[Stored data entries]
..........

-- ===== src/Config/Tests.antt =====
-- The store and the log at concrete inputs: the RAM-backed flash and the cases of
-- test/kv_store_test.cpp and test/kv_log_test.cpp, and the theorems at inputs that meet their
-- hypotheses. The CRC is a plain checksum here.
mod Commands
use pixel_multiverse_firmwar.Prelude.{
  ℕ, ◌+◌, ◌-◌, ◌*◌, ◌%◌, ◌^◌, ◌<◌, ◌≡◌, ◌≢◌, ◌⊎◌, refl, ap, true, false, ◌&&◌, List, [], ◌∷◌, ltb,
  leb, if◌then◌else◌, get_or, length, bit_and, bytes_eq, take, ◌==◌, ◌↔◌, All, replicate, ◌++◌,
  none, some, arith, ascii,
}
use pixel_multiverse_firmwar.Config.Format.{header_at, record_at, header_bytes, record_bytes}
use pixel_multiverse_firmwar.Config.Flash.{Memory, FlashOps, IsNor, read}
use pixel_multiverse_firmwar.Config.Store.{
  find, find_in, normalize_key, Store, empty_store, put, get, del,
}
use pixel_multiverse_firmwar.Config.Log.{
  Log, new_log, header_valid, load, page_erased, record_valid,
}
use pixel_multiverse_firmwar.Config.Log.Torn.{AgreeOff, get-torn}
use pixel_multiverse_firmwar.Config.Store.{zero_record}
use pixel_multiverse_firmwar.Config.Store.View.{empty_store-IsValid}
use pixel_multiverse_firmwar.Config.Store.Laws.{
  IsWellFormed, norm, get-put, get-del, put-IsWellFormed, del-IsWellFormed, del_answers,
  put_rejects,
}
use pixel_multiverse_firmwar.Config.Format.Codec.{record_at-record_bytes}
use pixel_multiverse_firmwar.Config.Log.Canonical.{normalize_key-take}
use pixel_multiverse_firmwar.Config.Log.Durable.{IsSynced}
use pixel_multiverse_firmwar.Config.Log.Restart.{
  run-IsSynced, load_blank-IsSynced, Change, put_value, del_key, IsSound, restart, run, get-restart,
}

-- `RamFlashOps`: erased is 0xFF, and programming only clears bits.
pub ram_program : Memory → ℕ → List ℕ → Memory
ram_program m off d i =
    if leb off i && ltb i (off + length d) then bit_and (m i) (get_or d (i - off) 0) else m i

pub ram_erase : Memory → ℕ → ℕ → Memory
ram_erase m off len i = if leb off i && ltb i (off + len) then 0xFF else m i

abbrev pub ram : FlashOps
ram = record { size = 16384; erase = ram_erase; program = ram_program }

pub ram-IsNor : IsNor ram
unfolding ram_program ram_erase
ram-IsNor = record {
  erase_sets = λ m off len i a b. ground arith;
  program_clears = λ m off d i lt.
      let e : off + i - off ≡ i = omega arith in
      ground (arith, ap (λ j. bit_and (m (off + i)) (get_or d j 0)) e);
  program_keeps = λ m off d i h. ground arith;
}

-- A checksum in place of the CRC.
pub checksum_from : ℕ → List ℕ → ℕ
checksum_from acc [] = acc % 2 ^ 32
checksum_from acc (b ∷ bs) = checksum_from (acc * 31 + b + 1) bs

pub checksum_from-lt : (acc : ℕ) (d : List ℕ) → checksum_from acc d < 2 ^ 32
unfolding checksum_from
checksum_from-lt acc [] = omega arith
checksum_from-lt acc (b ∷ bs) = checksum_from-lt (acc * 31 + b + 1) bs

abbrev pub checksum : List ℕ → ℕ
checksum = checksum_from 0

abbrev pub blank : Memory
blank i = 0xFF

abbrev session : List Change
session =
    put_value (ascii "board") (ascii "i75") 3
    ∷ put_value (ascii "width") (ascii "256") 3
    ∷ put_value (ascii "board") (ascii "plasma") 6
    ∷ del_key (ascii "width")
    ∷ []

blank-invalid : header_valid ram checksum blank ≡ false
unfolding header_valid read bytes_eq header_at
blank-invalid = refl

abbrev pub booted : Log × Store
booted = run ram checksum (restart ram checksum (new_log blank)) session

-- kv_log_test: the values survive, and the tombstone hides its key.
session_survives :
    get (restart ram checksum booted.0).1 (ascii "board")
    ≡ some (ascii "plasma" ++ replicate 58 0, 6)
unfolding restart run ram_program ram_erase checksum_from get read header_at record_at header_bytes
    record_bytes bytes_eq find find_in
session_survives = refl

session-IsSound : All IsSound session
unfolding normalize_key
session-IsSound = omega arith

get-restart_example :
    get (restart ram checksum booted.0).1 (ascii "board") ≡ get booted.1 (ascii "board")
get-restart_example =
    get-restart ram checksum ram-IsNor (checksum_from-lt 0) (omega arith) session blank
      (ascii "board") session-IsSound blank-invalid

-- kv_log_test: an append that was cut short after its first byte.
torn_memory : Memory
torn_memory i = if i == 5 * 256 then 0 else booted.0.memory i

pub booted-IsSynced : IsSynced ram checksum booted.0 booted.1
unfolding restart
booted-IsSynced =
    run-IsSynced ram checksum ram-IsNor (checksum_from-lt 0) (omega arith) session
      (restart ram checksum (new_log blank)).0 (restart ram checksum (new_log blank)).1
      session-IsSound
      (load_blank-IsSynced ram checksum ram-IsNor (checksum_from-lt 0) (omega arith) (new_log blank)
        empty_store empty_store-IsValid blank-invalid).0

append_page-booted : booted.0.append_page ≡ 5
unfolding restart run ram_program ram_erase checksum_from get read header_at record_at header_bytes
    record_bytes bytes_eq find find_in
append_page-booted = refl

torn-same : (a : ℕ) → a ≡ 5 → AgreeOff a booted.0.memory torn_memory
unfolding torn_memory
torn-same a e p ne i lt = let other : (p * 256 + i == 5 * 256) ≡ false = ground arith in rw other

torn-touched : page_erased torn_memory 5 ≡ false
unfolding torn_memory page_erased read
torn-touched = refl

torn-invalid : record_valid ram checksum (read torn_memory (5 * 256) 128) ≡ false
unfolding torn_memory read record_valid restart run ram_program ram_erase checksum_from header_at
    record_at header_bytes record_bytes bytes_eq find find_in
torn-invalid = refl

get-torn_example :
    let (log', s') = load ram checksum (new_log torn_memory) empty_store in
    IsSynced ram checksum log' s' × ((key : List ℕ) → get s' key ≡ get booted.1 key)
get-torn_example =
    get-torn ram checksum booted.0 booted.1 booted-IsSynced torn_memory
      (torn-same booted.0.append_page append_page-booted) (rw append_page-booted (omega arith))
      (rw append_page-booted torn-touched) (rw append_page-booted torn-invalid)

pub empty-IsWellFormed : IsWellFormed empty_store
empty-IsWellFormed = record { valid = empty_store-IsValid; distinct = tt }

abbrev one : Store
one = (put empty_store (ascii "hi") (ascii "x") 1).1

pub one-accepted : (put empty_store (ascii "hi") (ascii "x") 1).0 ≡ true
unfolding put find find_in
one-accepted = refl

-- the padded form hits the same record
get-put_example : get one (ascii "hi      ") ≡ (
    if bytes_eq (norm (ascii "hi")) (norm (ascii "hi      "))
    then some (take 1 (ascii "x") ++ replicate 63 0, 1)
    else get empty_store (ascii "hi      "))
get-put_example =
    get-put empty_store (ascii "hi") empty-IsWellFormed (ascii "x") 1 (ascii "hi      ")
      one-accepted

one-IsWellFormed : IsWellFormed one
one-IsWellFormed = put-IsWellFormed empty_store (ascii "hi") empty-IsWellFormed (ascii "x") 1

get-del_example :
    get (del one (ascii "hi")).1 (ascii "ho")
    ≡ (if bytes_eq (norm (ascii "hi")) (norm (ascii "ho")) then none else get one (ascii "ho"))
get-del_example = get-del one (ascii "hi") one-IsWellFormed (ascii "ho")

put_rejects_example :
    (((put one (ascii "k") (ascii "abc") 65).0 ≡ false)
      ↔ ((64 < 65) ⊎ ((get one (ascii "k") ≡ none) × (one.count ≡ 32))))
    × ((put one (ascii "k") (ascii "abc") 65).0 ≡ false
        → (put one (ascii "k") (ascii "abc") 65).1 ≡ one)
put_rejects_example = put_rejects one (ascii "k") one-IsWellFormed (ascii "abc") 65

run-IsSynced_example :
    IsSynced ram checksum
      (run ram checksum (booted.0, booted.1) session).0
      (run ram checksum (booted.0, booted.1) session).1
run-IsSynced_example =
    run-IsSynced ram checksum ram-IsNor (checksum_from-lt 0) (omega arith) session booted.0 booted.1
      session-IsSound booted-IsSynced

..........

#### Requirement:
Check each line of the data above for the word "same" and copy the ones where it is found.

#### Final answer:
torn-same : (a : ℕ) → a ≡ 5 → AgreeOff a booted.0.memory torn_memory
torn-same a e p ne i lt = let other : (p * 256 + i == 5 * 256) ≡ false = ground arith in rw other
      (torn-same booted.0.append_page append_page-booted) (rw append_page-booted (omega arith))
-- the padded form hits the same record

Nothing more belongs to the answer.